Data Loss Prevention

Vishesh1998 · 07-18-2024 11:46 AM

Hey I am using GCP DLP, when I run the discovery scans on the tables they missed out on few columns which does contain PII. But DLP discovery scan output doesn't give me in the results. Can you please tell why is that let's say there are two credit card and address column but DLP only notify me of one not for other for each of them. Please suggest on this. Also can you tell me how to reduce the false positive and false negative in DLP discovery scans.

ms4446

One primary reason DLP might miss PII is due to InfoType detection limitations. DLP relies on predefined patterns to identify sensitive data, and if the PII data doesn't match these patterns or is stored in an unusual format, it might not be detected. Additionally, if the PII is specific to a particular organization or industry, it may require custom InfoTypes for accurate detection.

Another common issue is scanning configuration. It's crucial to ensure that the scan job is correctly configured to include the appropriate tables and InfoTypes. Data volume and sampling also play a role; for large datasets, DLP might use sampling to speed up scans, potentially overlooking some PII. Furthermore, if the PII data is masked or obfuscated, it might be harder for DLP to identify it accurately.

To enhance PII detection and reduce false positives and negatives, refining InfoType detection is essential. Exploring the full list of built-in InfoTypes and creating custom InfoTypes using regular expressions or dictionaries can help match the specific PII patterns. Proximity rules can also be employed to identify sensitive data near other identifiers, such as a "credit card number" near an "expiration date."

Improving scanning configuration is another key strategy. Ensuring that all relevant tables and columns where PII might reside are included in the scan configuration is crucial. Adjusting the sampling rate can help if sampling is suspected to cause missed PII, albeit at the cost of increased scan time.

Data preparation can also play a significant role in accurate PII detection. Temporarily unmasking or de-identifying data during scans can ensure that the PII is correctly identified. Additionally, normalizing data stored in inconsistent formats before scanning can improve detection accuracy.

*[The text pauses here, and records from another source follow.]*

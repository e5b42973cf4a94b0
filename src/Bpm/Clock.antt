-- ===== src/Bpm/Clock.antt =====
-- The clock finds no victim exactly where all frames are pinned, and a victim is not pinned.
use rust_db.Common.{
  ℕ, zero, suc, ◌+◌, ◌%◌, ◌≤◌, ◌<◌, ◌≡◌, ◌⊎◌, inl, inr, refl, sym, ◌∙◌, ltb, Bool, true, false,
  List, ok, length, none, some, get_elem?, get_within, get_bound, set, Bool-cases, subst, arith,
}
use native.Mathlib.Nat.{mod-lt}
use rust_db.Bpm.Frames.{
  Frame, is_pinned, take_referenced, Visit, keep, clear, evict, visit, ClockEvictor, sweep,
  find_victim,
}
use rust_db.Bpm.Swept.{
  AllSwept, AllSwept-get, AllSwept-get_inv, AllSwept-length, AllSwept-set, AllSwept-self,
  AllSwept-trans, IsReached, IsSettled, IsSettled-swept, Passed, Passed-swept, clear-Passed,
  evict-unpinned, get-set, keep-Passed, IsReached-next,
}

-- What a sweep leaves: no victim, and everything it reached was passed over and is settled; or a
-- victim that is not pinned.
abbrev pub NoVictim : Bool → ℕ → ℕ → List Frame → List Frame → Type 0
NoVictim skip k hand fs gs =
    (i : ℕ) (f : Frame)
    → IsReached (length fs) hand k i
    → get_elem? fs i ≡ some f
    → Passed skip f × ((g : Frame) → get_elem? gs i ≡ some g → IsSettled g)

abbrev pub SweepCases : Bool → ℕ → ℕ → List Frame → Type 0
SweepCases skip k hand fs =
    (gs : List Frame) × (next : ℕ) × AllSwept fs gs
    × (next < length fs)
    × (((sweep {E = ⊥} skip k hand fs ≡ ok (none, next, gs)) × NoVictim skip k hand fs gs)
        ⊎ ((i : ℕ) × (f : Frame) × (sweep {E = ⊥} skip k hand fs ≡ ok (some i, next, gs))
            × (get_elem? fs i ≡ some f)
            × (is_pinned f ≡ false)))

-- One step, and then the rest of the sweep on the frames that the step leaves.
extend-SweepCases :
    (skip : Bool) (k hand : ℕ) (fs gs : List Frame) (f g : Frame)
    → hand < length fs
    → suc k ≤ length fs
    → AllSwept fs gs
    → get_elem? fs hand ≡ some f
    → get_elem? gs hand ≡ some g
    → Passed skip f
    → IsSettled g
    → sweep {E = ⊥} skip (suc k) hand fs ≡ sweep skip k ((hand + 1) % length fs) gs
    → SweepCases skip k ((hand + 1) % length fs) gs
    → SweepCases skip (suc k) hand fs
extend-SweepCases skip k hand fs gs f g h small step here there passed settled run
      (hs, next, swept, inside, c) =
    (hs, next, AllSwept-trans fs gs hs step swept, rw (sym same) inside, go c)
  where
    same : length gs ≡ length fs
    same = AllSwept-length fs gs step

    all_passed : NoVictim skip k ((hand + 1) % length fs) gs hs → NoVictim skip (suc k) hand fs hs
    all_passed rest i x r e = elim (IsReached-next (length fs) hand k i h r (get_bound fs i x e)) [
      | inl first ↦
          let own : f ≡ x = first_frame (rw first at e) in
          (
            subst (λ y. Passed skip y) own passed,
            λ z at_end.
                let (y, found, later) = AllSwept-get gs hs hand g swept there in
                let last : y ≡ z = last_frame found (rw first at at_end) in
                subst (λ y. IsSettled y) last (IsSettled-swept g y later settled),
          )
      | inr on ↦
          let (y, found, by) = AllSwept-get fs gs i x step e in
          let (because, after) =
            rest i y (subst (λ n. IsReached n ((hand + 1) % length fs) k i) (sym same) on) found in
          (Passed-swept skip x y by because, after)
    ]
      where
        first_frame : get_elem? fs hand ≡ some x → f ≡ x
        first_frame q = cc

        last_frame : {y z : Frame} → get_elem? hs hand ≡ some y → get_elem? hs hand ≡ some z → y ≡ z
        last_frame q w = cc

    go :
        ((sweep {E = ⊥} skip k ((hand + 1) % length fs) gs ≡ ok (none, next, hs))
            × NoVictim skip k ((hand + 1) % length fs) gs hs)
          ⊎ ((i : ℕ) × (x : Frame) × (sweep {E = ⊥} skip k ((hand + 1) % length fs) gs
                ≡ ok (some i, next, hs))
              × (get_elem? gs i ≡ some x)
              × (is_pinned x ≡ false))
        → ((sweep {E = ⊥} skip (suc k) hand fs ≡ ok (none, next, hs))
            × NoVictim skip (suc k) hand fs hs)
          ⊎ ((i : ℕ) × (x : Frame) × (sweep {E = ⊥} skip (suc k) hand fs ≡ ok (some i, next, hs))
              × (get_elem? fs i ≡ some x)
              × (is_pinned x ≡ false))
    go (inl (e, rest)) = inl (run ∙ e, all_passed rest)
    go (inr (i, x, e, found, free)) =
        let (y, before, by) = AllSwept-get_inv fs gs i x step found in
        let unpinned : is_pinned y ≡ false = rw (sym by.1) free in
        inr (i, y, run ∙ e, before, unpinned)

sweep-SweepCases :
    (skip : Bool) (k hand : ℕ) (fs : List Frame)
    → hand < length fs
    → k ≤ length fs
    → SweepCases skip k hand fs
unfolding sweep
sweep-SweepCases skip zero hand fs h small =
    (fs, hand, AllSwept-self fs, h, inl (refl, λ i f r e. absurd (none_reached r)))
  where
    none_reached : {i : ℕ} → IsReached (length fs) hand 0 i → ⊥
    none_reached (inl (a, b)) = absurd (omega arith)
    none_reached (inr a) = absurd (omega arith)
sweep-SweepCases skip (suc k) hand fs h small =
    let (f, here) = get_within fs hand h in
    let inside : (hand + 1) % length fs < length fs = mod-lt (hand + 1) (omega arith) in
    let rest : (gs : List Frame)
        → length gs ≡ length fs
        → SweepCases skip k ((hand + 1) % length fs) gs =
      λ gs same.
        sweep-SweepCases skip k ((hand + 1) % length fs) gs (omega (arith, inside, same))
          (omega (arith, same)) in
    go inside rest f here (visit skip f) refl
  where
    go :
        (hand + 1) % length fs < length fs
        → ((gs : List Frame)
            → length gs ≡ length fs
            → SweepCases skip k ((hand + 1) % length fs) gs)
        → (f : Frame) → get_elem? fs hand ≡ some f
        → (w : Visit) → visit skip f ≡ w
        → SweepCases skip (suc k) hand fs
    go inside rest f here evict e = (
      fs,
      (hand + 1) % length fs,
      AllSwept-self fs,
      inside,
      inr (hand, f, cc, here, evict-unpinned skip f e),
    )
    go inside rest f here keep e =
        let (passed, settled) = keep-Passed skip f e in
        let run : sweep {E = ⊥} skip (suc k) hand fs ≡ sweep skip k ((hand + 1) % length fs) fs =
          cc in
        extend-SweepCases skip k hand fs fs f f h small (AllSwept-self fs) here here passed settled
          run (rest fs refl)
    go inside rest f here clear e =
        let gs = set fs hand (take_referenced f).1 in
        let step = AllSwept-set fs hand f here in
        let run : sweep {E = ⊥} skip (suc k) hand fs ≡ sweep skip k ((hand + 1) % length fs) gs =
          cc in
        extend-SweepCases skip k hand fs gs f (take_referenced f).1 h small step here
          (get-set fs hand (take_referenced f).1 h) (clear-Passed skip f e) (inr refl) run
          (rest gs (AllSwept-length fs gs step))

-- What `find_victim` does with frames of which there is at least one.
abbrev pub VictimCases : ClockEvictor → List Frame → Type 0
VictimCases c fs =
    (gs : List Frame) × (next : ClockEvictor) × AllSwept fs gs
    × (next.hand < length fs)
    × (((find_victim {E = ⊥} c fs ≡ ok (none, next, gs))
          × ((i : ℕ) (f : Frame) → get_elem? fs i ≡ some f → is_pinned f ≡ true))
        ⊎ ((i : ℕ) × (f : Frame) × (find_victim {E = ⊥} c fs ≡ ok (some i, next, gs))
            × (get_elem? fs i ≡ some f)
            × (is_pinned f ≡ false)))

-- Every index is reached by as many steps as there are frames.
all-IsReached : (n hand i : ℕ) → hand < n → i < n → IsReached n hand n i
all-IsReached n hand i h small = elim (Bool-cases (ltb i hand)) [
  | inl before ↦ inr (ground arith)
  | inr after ↦ inl (ground arith)
]

-- After the first sweep nothing is referenced that is not pinned: what the second passes over is pinned.
pinned_after : (f : Frame) → IsSettled f → Passed false f → is_pinned f ≡ true
pinned_after f (inl p) q = p
pinned_after f (inr u) (inl p) = p
pinned_after f (inr u) (inr (inl r)) = absurd (clash u r)
  where
    clash : f.referenced ≡ false → f.referenced ≡ true → ⊥
    clash a b = cc
pinned_after f (inr u) (inr (inr d)) = absurd (never d)
  where
    never : false ≡ true → ⊥
    never e = cc

-- On frames that nothing else changes meanwhile, and with a hand that is an index of them,
-- `find_victim` of the clock ends with the hand at an index and the frames as they were but for
-- reference flags that it cleared; it returns no victim only where all frames are pinned, and
-- otherwise the index of a frame that is not pinned.
pub find_victim-VictimCases :
    (c : ClockEvictor) (fs : List Frame) → c.hand < length fs → VictimCases c fs
unfolding find_victim
find_victim-VictimCases c fs h = first (sweep-SweepCases true (length fs) c.hand fs h (omega arith))
  where
    second :
        (gs : List Frame) (next : ℕ)
        → AllSwept fs gs
        → next < length gs
        → sweep {E = ⊥} true (length fs) c.hand fs ≡ ok (none, next, gs)
        → NoVictim true (length fs) c.hand fs gs
        → SweepCases false (length gs) next gs
        → VictimCases c fs
    second gs next swept within run none_found (hs, last, swept', inside, inl (run', none_again)) =
        (
          hs,
          record { hand = last },
          AllSwept-trans fs gs hs swept swept',
          rw (sym (AllSwept-length fs gs swept)) inside,
          inl (
            rw (run, run'),
            λ i f here.
                let (g, found, by) = AllSwept-get fs gs i f swept here in
                let reached = all-IsReached (length fs) c.hand i h (get_bound fs i f here) in
                let again = all-IsReached (length gs) next i within (get_bound gs i g found) in
                let settled = (none_found i f reached here).1 g found in
                rw (sym by.1) (pinned_after g settled (none_again i g again found).0),
          ),
        )
    second gs next swept within run none_found
          (hs, last, swept', inside, inr (i, g, run', found, free)) =
        let (f, before, by) = AllSwept-get_inv fs gs i g swept found in
        (
          hs,
          record { hand = last },
          AllSwept-trans fs gs hs swept swept',
          rw (sym (AllSwept-length fs gs swept)) inside,
          inr (i, f, rw (run, run'), before, rw (sym by.1) free),
        )

    first : SweepCases true (length fs) c.hand fs → VictimCases c fs
    first (gs, next, swept, inside, inr (i, f, run, found, free)) =
        (gs, record { hand = next }, swept, inside, inr (i, f, rw run, found, free))
    first (gs, next, swept, inside, inl (run, none_found)) =
        let same = AllSwept-length fs gs swept in
        second gs next swept (rw same inside) run none_found
          (sweep-SweepCases false (length gs) next gs (rw same inside) (omega arith))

Iteration and review are important steps in the process. Analyzing false positives helps in refining InfoTypes or rules, while manually reviewing scan findings during the early stages of tuning the DLP configuration can help identify any missed PII.

For instance, consider a dataset with columns like cc_number, cc_number_masked, billing_address, and shipping_address. To ensure all credit card numbers are detected, both the built-in "Credit Card Number" InfoType and a custom InfoType for masked credit card numbers should be used, and both cc_number and cc_number_masked columns should be included in the scan. Similarly, using the "Street Address" and other relevant address InfoTypes, or creating custom InfoTypes for specific address formats, can ensure both billing_address and shipping_address are scanned accurately.